_ASSIGNMENT_
Of the lines in the data below, write out exactly those from the one holding "unfoldable pub sort_by : List A → List A" through the one holding "All-insert_by_inv x [] h = h", both included.

[Dataset items]
-- ===== src/Prelude/Sort.antt =====
-- A stable sort by a Boolean order, for ORDER BY and the sort package.
use Prim.Native.Nat.{suc}
use native.Mathlib.Omega.{arith}
use mathlib.Core.Path.{◌≡◌, refl, ap, ◌∙◌}
use mathlib.Core.Logic.{inl, inr}
use mathlib.Core.Bool.{Bool, true, false, ◌||◌}
use mathlib.Core.List.{List, [], ◌∷◌}
use flying_shuttle.Prelude.Tests.{if◌then◌else◌, Bool-cases}
use flying_shuttle.Prelude.Lists.{All, All-imp, any, length}

module _ {ℓ} {A : Type ℓ} (le : A → A → Bool) where
  unfoldable pub insert_by : A → List A → List A
  insert_by x [] = x ∷ []
  insert_by x (y ∷ ys) = if le x y then x ∷ y ∷ ys else y ∷ insert_by x ys

  -- An item goes before those that it ties with, so items that tie keep their order.
  unfoldable pub sort_by : List A → List A
  unfolding insert_by
  sort_by [] = []
  sort_by (x ∷ xs) = insert_by x (sort_by xs)

  abbrev pub IsSorted : List A → Type 0
  IsSorted [] = Unit
  IsSorted (x ∷ xs) = All (λ y. le x y ≡ true) xs × IsSorted xs

  -- Sorting a sorted list changes nothing.
  pub insert_by-head : (x : A) (xs : List A) → All (λ y. le x y ≡ true) xs → insert_by x xs ≡ x ∷ xs
  unfolding insert_by
  insert_by-head x [] h = refl
  insert_by-head x (y ∷ ys) h = rw h.0

  pub sort_by_sorted : (xs : List A) → IsSorted xs → sort_by xs ≡ xs
  unfolding sort_by
  sort_by_sorted [] h = refl
  sort_by_sorted (x ∷ xs) h = rw (sort_by_sorted xs h.1) (insert_by-head x xs h.0)

module _ {ℓ κ} {A : Type ℓ} (le : A → A → Bool) (P : A → Type κ) where
  pub All-insert_by : (x : A) (xs : List A) → P x → All P xs → All P (insert_by le x xs)
  unfolding insert_by
  All-insert_by x [] p h = (p, tt)
  All-insert_by x (y ∷ ys) p h = elim (Bool-cases (le x y)) [
    | inl e ↦ rw e (p, h)
    | inr e ↦ rw e (h.0, All-insert_by x ys p h.1)
  ]

  pub All-sort_by : (xs : List A) → All P xs → All P (sort_by le xs)
  unfolding sort_by
  All-sort_by [] h = tt
  All-sort_by (x ∷ xs) h = All-insert_by x (sort_by le xs) h.0 (All-sort_by xs h.1)

  -- Sorting adds nothing.
  pub All-insert_by_inv : (x : A) (xs : List A) → All P (insert_by le x xs) → P x × All P xs
  unfolding insert_by
  All-insert_by_inv x [] h = h
  All-insert_by_inv x (y ∷ ys) h = elim (Bool-cases (le x y)) [
    | inl e ↦ (rw e at h)
    | inr e ↦
        let k : P y × All P (insert_by le x ys) = (rw e at h) in
        let (p, ps) = All-insert_by_inv x ys k.1 in (p, (k.0, ps))
  ]

  pub All-sort_by_inv : (xs : List A) → All P (sort_by le xs) → All P xs
  unfolding sort_by
  All-sort_by_inv [] h = tt
  All-sort_by_inv (x ∷ xs) h =
      let (p, ps) = All-insert_by_inv x (sort_by le xs) h in (p, All-sort_by_inv xs ps)

-- For a total and transitive order the result is sorted.
module _ {ℓ} {A : Type ℓ} (le : A → A → Bool) where
  pub record IsOrder : Type ℓ where
    pub total : (x y : A) → le x y ≡ false → le y x ≡ true
    pub transitive : (x y z : A) → le x y ≡ true → le y z ≡ true → le x z ≡ true

  pub sort_by-IsSorted : IsOrder → (xs : List A) → IsSorted le (sort_by le xs)
  unfolding sort_by
  sort_by-IsSorted o [] = tt
  sort_by-IsSorted o (x ∷ xs) = put x (sort_by le xs) (sort_by-IsSorted o xs)
    where
      put : (x : A) (ys : List A) → IsSorted le ys → IsSorted le (insert_by le x ys)
      put x [] h = (tt, tt)
      put x (y ∷ ys) h = elim (Bool-cases (le x y)) [
        | inl e ↦ rw e ((e, All-imp (λ z. o.transitive x y z e) ys h.0), h)
        | inr e ↦
            rw e (All-insert_by le (λ z. le y z ≡ true) x ys (o.total x y e) h.0, put x ys h.1)
      ]

  pub sort_by_idem : IsOrder → (xs : List A) → sort_by le (sort_by le xs) ≡ sort_by le xs
  sort_by_idem o xs = sort_by_sorted le (sort_by le xs) (sort_by-IsSorted o xs)

-- Sorting neither drops nor doubles an item.
module _ {ℓ} {A : Type ℓ} (le : A → A → Bool) where
  length-insert_by : (x : A) (xs : List A) → length (insert_by le x xs) ≡ suc (length xs)
  unfolding insert_by
  length-insert_by x [] = refl
  length-insert_by x (y ∷ ys) = ground (arith, length-insert_by x ys)

  pub length-sort_by : (xs : List A) → length (sort_by le xs) ≡ length xs
  unfolding sort_by
  length-sort_by [] = refl
  length-sort_by (x ∷ xs) = length-insert_by x (sort_by le xs) ∙ ap suc (length-sort_by xs)

  any-insert_by :
      (p : A → Bool) (x : A) (xs : List A) → any p (insert_by le x xs) ≡ (p x || any p xs)
  unfolding insert_by
  any-insert_by p x [] = refl
  any-insert_by p x (y ∷ ys) = elim (Bool-cases (le x y)) [
    | inl t ↦ rw t
    | inr f ↦ rw f (ground (arith, any-insert_by p x ys))
  ]

  pub any-sort_by : (p : A → Bool) (xs : List A) → any p (sort_by le xs) ≡ any p xs
  unfolding sort_by
  any-sort_by p [] = refl
  any-sort_by p (x ∷ xs) = any-insert_by p x (sort_by le xs) ∙ ap (λ b. p x || b) (any-sort_by p xs)
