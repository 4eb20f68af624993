-- ===== src/Doc/Stamp.antt =====
-- Times as the created_at columns hold them: text, which ORDER BY compares byte by byte.
-- Go writes RFC3339Nano, which drops the trailing zeros of the fraction (and a zero fraction
-- whole); SQLite's strftime writes three digits always. The date is that of the Gregorian calendar, and
-- times lie between 1970 and 9999, where a year has four digits.
use flying_shuttle.Prelude.{
  ℕ, zero, suc, ◌+◌, ◌-◌, ◌*◌, ◌/◌, ◌%◌, ◌^◌, Bool, true, false, ◌&&◌, List, [], ◌∷◌, ◌++◌, nat_eq,
  ltb, if◌then◌else◌,
}

-- The last k decimal digits of n, as ASCII.
unfoldable pub digits : ℕ → ℕ → List ℕ
digits zero n = []
digits (suc k) n = (b'0' + n / 10 ^ k % 10) ∷ digits k n

abbrev pub is_empty : List ℕ → Bool
is_empty [] = true
is_empty (_ ∷ _) = false

unfoldable pub trim_zeros : List ℕ → List ℕ
trim_zeros [] = []
trim_zeros (d ∷ ds) =
    let rest = trim_zeros ds in if nat_eq d b'0' && is_empty rest then [] else d ∷ rest

abbrev pub nanos : ℕ
nanos = 1000000000

-- The days from the first of March of the year 0 to the first of January 1970.
abbrev epoch : ℕ
epoch = 719468

-- The date of a day, counted from that March on: years of 365 days, with a leap day at the end of every
-- fourth one but for three in 400, and months from March on.
unfoldable pub date_text : ℕ → List ℕ
unfolding digits
date_text day =
    let of_era = day % 146097 in
    let year_of_era = (of_era - of_era / 1460 + of_era / 36524 - of_era / 146096) / 365 in
    let of_year = of_era - (365 * year_of_era + year_of_era / 4 - year_of_era / 100) in
    let month = (5 * of_year + 2) / 153 in
    let year = day / 146097 * 400 + year_of_era in
    digits 4 (if ltb month 10 then year else year + 1)
    ++ b'-'
      ∷ (digits 2 (if ltb month 10 then month + 3 else month - 9)
          ++ b'-' ∷ digits 2 (of_year - (153 * month + 2) / 5 + 1))

-- 2006-01-02T15:04:05
unfoldable pub second_text : ℕ → List ℕ
unfolding date_text digits
second_text t =
    date_text (epoch + t / 86400)
    ++ b'T'
      ∷ (digits 2 (t % 86400 / 3600)
          ++ b':' ∷ (digits 2 (t % 3600 / 60) ++ b':' ∷ digits 2 (t % 60)))

-- t.Format(time.RFC3339Nano) in UTC.
unfoldable pub rfc3339_nano : ℕ → List ℕ
unfolding trim_zeros digits second_text
rfc3339_nano t =
    second_text (t / nanos)
    ++ (if nat_eq (t % nanos) 0
        then b'Z' ∷ []
        else b'.' ∷ (trim_zeros (digits 9 (t % nanos)) ++ b'Z' ∷ []))

-- strftime('%Y-%m-%dT%H:%M:%fZ', 'now')
unfoldable pub strftime_millis : ℕ → List ℕ
unfolding digits second_text
strftime_millis t = second_text (t / nanos) ++ b'.' ∷ (digits 3 (t % nanos / 1000000) ++ b'Z' ∷ [])

unfoldable pub text_leb : List ℕ → List ℕ → Bool
text_leb [] ys = true
text_leb (x ∷ xs) [] = false
text_leb (x ∷ xs) (y ∷ ys) =
    let rest = text_leb xs ys in if ltb x y then true else nat_eq x y && rest

-- a comes no later than b under ORDER BY created_at.
unfoldable pub stamp_leb : ℕ → ℕ → Bool
unfolding rfc3339_nano text_leb
stamp_leb a b = text_leb (rfc3339_nano a) (rfc3339_nano b)
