-- ===== src/MiniProgram/Purchases/Next.antt =====
-- The next plan of a detail is the next one of the list.
use materials_manager.Base.{
  All-keep, ℕ, ◌≡◌, ◌≢◌, ◌≤◌, refl, ap, sym, ◌∙◌, subst, Text, Option, none, some, Bool, true,
  false, List, [], ◌∷◌, ◌++◌, ◌&&◌, ◌==◌, ==-refl, ==→eq, ltb, find, keep, keep-drops, keep-keeps,
  find-skips, find-hits, keep-ext, All, Bool-cases, inl, inr, arith, if◌then◌else◌,
}
use materials_manager.Core.Paging.{order_rows, contains_any, split_or_search_terms}
use materials_manager.Core.Paging.Pages.{All-order_rows}
use materials_manager.Core.Tx.{ok, actions}
use materials_manager.Model.Purchase.{PurchaseMaterial}
use materials_manager.Model.Database.{Db}
use materials_manager.MiniProgram.Purchases.{
  is_open, newer_plan, plan_query, first_id, next_plan_id, detail_read, purchase_plan_detail,
}
use materials_manager.MiniProgram.Purchases.Ordered.{
  IsAtMost, IsDescending, IsOther, IsKeyed, order_rows-IsDescending, order_rows-IsKeyed,
  keep-IsKeyed, keep-order_rows,
}

abbrev below : ℕ → PurchaseMaterial → Bool
below id m = ltb m.id id

-- The plan in the middle of a list.
All-middle :
    (P : PurchaseMaterial → Type 0) (pre : List PurchaseMaterial) (item : PurchaseMaterial)
    (post : List PurchaseMaterial)
    → All P (pre ++ item ∷ post)
    → P item
All-middle P [] item post h = h.0
All-middle P (x ∷ pre) item post h = All-middle P pre item post h.1

keep-below_each :
    (item : PurchaseMaterial) (xs : List PurchaseMaterial)
    → All (IsAtMost item) xs
    → All (IsOther item) xs
    → keep (below item.id) xs ≡ xs
keep-below_each item [] h o = refl
keep-below_each item (x ∷ xs) h o =
    keep-keeps (below item.id) x xs (smaller x.id item.id h.0 o.0)
    ∙ ap (λ r. x ∷ r) (keep-below_each item xs h.1 o.1)
  where
    smaller : (a b : ℕ) → a ≤ b → a ≢ b → ltb a b ≡ true
    smaller a b le ne = elim (Bool-cases (a == b)) [
      | inl e ↦ absurd (ne (==→eq a b e))
      | inr e ↦ ground (arith, le, e)
    ]

keep-below :
    (pre : List PurchaseMaterial) (item : PurchaseMaterial) (post : List PurchaseMaterial)
    → IsDescending (pre ++ item ∷ post)
    → IsKeyed (pre ++ item ∷ post)
    → keep (below item.id) (pre ++ item ∷ post) ≡ post
keep-below [] item post d k =
    let e : below item.id item ≡ false = ground arith in
    keep-drops (below item.id) item post e ∙ keep-below_each item post d.0 k.0
keep-below (x ∷ pre) item post d k =
    let least : item.id ≤ x.id = All-middle (IsAtMost x) pre item post d.0 in
    let e : below item.id x ≡ false = ground (arith, least) in
    keep-drops (below item.id) x (pre ++ item ∷ post) e ∙ keep-below pre item post d.1 k.1

keep-and :
    (p q : PurchaseMaterial → Bool) (xs : List PurchaseMaterial)
    → keep (λ m. p m && q m) xs ≡ keep q (keep p xs)
keep-and p q [] = refl
keep-and p q (x ∷ xs) = elim (Bool-cases (p x)) [
  | inl e ↦
      ap (λ b. if b && q x then x ∷ keep (λ m. p m && q m) xs else keep (λ m. p m && q m) xs) e
      ∙ ap (λ r. if q x then x ∷ r else r) (keep-and p q xs)
      ∙ sym (ap (keep q) (keep-keeps p x xs e))
  | inr e ↦
      ap (λ b. if b && q x then x ∷ keep (λ m. p m && q m) xs else keep (λ m. p m && q m) xs) e
      ∙ keep-and p q xs
      ∙ sym (ap (keep q) (keep-drops p x xs e))
]

module _ (db : Db) where
  abbrev open_rows : List PurchaseMaterial
  open_rows = order_rows newer_plan (keep (is_open db) db.purchase_materials)

  abbrev sought : List PurchaseMaterial → PurchaseMaterial → Option PurchaseMaterial
  sought rows m = find (λ k. k.id == m.id && is_open db k) rows

  found_behind :
      (x : PurchaseMaterial) (xs ms : List PurchaseMaterial)
      → All (IsOther x) ms
      → All (λ m. sought xs m ≡ some m) ms
      → All (λ m. sought (x ∷ xs) m ≡ some m) ms
  found_behind x xs [] o h = tt
  found_behind x xs (m ∷ ms) o h =
      let e : (x.id == m.id && is_open db x) ≡ false = apart x.id m.id (is_open db x) o.0 in
      (find-skips (λ k. k.id == m.id && is_open db k) x xs e ∙ h.0, found_behind x xs ms o.1 h.1)
    where
      apart : (a b : ℕ) (o' : Bool) → b ≢ a → (a == b && o') ≡ false
      apart a b o' ne = elim (Bool-cases (a == b)) [
        | inl e ↦ absurd (ne (sym (==→eq a b e)))
        | inr e ↦ rw e refl
      ]

  keep-found :
      (xs : List PurchaseMaterial)
      → IsKeyed xs
      → All (λ m. sought xs m ≡ some m) (keep (is_open db) xs)
  keep-found [] h = tt
  keep-found (x ∷ xs) h =
      let later =
        found_behind x xs (keep (is_open db) xs) (All-keep (IsOther x) (is_open db) xs h.0)
          (keep-found xs h.1) in
      elim (Bool-cases (is_open db x)) [
        | inl e ↦
            subst (All (λ m. sought (x ∷ xs) m ≡ some m)) (sym (keep-keeps (is_open db) x xs e)) (
              find-hits (λ k. k.id == x.id && is_open db k) x xs (both x.id (is_open db x) e),
              later,
            )
        | inr e ↦
            subst (All (λ m. sought (x ∷ xs) m ≡ some m)) (sym (keep-drops (is_open db) x xs e))
              later
      ]
    where
      both : (a : ℕ) (o : Bool) → o ≡ true → (a == a && o) ≡ true
      both a o e = rw (==-refl a) e

  next-below :
      (pre : List PurchaseMaterial) (item : PurchaseMaterial) (post : List PurchaseMaterial)
      → IsKeyed db.purchase_materials
      → open_rows ≡ pre ++ item ∷ post
      → next_plan_id item.id db ≡ first_id post
  unfolding next_plan_id
  next-below pre item post k e =
      ap (λ r. first_id (order_rows newer_plan r))
        (keep-and (is_open db) (below item.id) db.purchase_materials)
      ∙ ap first_id (
          sym (keep-order_rows (below item.id) (keep (is_open db) db.purchase_materials))
          ∙ ap (keep (below item.id)) e
          ∙ keep-below pre item post
              (subst IsDescending e
                (order_rows-IsDescending (keep (is_open db) db.purchase_materials)))
              (subst IsKeyed e (
                order_rows-IsKeyed (keep (is_open db) db.purchase_materials)
                  (keep-IsKeyed (is_open db) db.purchase_materials k))))

and_true : (b : Bool) → (b && true) ≡ b
and_true true = refl
and_true false = refl

module _ (contains trimmed_is : Text → Text → Bool) (db : Db) where
  -- Where the list without filters has a plan, its detail is found, and the next plan of the detail is the
  -- one that stands behind it in the list, or none at the end. `id` is a key of the plans.
  pub purchase_plan_detail-next :
      (pre : List PurchaseMaterial) (item : PurchaseMaterial) (post : List PurchaseMaterial)
      → IsKeyed db.purchase_materials
      → plan_query contains trimmed_is none none none db ≡ pre ++ item ∷ post
      → purchase_plan_detail item.id db ≡ ok (detail_read item (first_id post), db)
  unfolding plan_query contains_any split_or_search_terms purchase_plan_detail actions
  purchase_plan_detail-next pre item post k e =
      let rows : open_rows db ≡ pre ++ item ∷ post =
        sym (
          ap (order_rows newer_plan) (
            keep-ext (λ m. is_open db m && true) (is_open db) db.purchase_materials
              (λ m. and_true (is_open db m))))
        ∙ e in
      let found =
        All-middle (λ m. sought db db.purchase_materials m ≡ some m) pre item post
          (subst (All (λ m. sought db db.purchase_materials m ≡ some m)) rows
            (All-order_rows newer_plan _ _ (keep-found db db.purchase_materials k))) in
      rw found (ap (λ o. ok (detail_read item o, db)) (next-below db pre item post k rows))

_ANSWER TO THE PROBLEM_
  unfoldable pub sort_by : List A → List A
  unfolding insert_by
  sort_by [] = []
  sort_by (x ∷ xs) = insert_by x (sort_by xs)

  abbrev pub IsSorted : List A → Type 0
  IsSorted [] = Unit
  IsSorted (x ∷ xs) = All (λ y. le x y ≡ true) xs × IsSorted xs

  -- Sorting a sorted list changes nothing.
  pub insert_by-head : (x : A) (xs : List A) → All (λ y. le x y ≡ true) xs → insert_by x xs ≡ x ∷ xs
  unfolding insert_by
  insert_by-head x [] h = refl
  insert_by-head x (y ∷ ys) h = rw h.0

  pub sort_by_sorted : (xs : List A) → IsSorted xs → sort_by xs ≡ xs
  unfolding sort_by
  sort_by_sorted [] h = refl
  sort_by_sorted (x ∷ xs) h = rw (sort_by_sorted xs h.1) (insert_by-head x xs h.0)

module _ {ℓ κ} {A : Type ℓ} (le : A → A → Bool) (P : A → Type κ) where
  pub All-insert_by : (x : A) (xs : List A) → P x → All P xs → All P (insert_by le x xs)
  unfolding insert_by
  All-insert_by x [] p h = (p, tt)
  All-insert_by x (y ∷ ys) p h = elim (Bool-cases (le x y)) [
    | inl e ↦ rw e (p, h)
    | inr e ↦ rw e (h.0, All-insert_by x ys p h.1)
  ]

  pub All-sort_by : (xs : List A) → All P xs → All P (sort_by le xs)
  unfolding sort_by
  All-sort_by [] h = tt
  All-sort_by (x ∷ xs) h = All-insert_by x (sort_by le xs) h.0 (All-sort_by xs h.1)

  -- Sorting adds nothing.
  pub All-insert_by_inv : (x : A) (xs : List A) → All P (insert_by le x xs) → P x × All P xs
  unfolding insert_by
  All-insert_by_inv x [] h = h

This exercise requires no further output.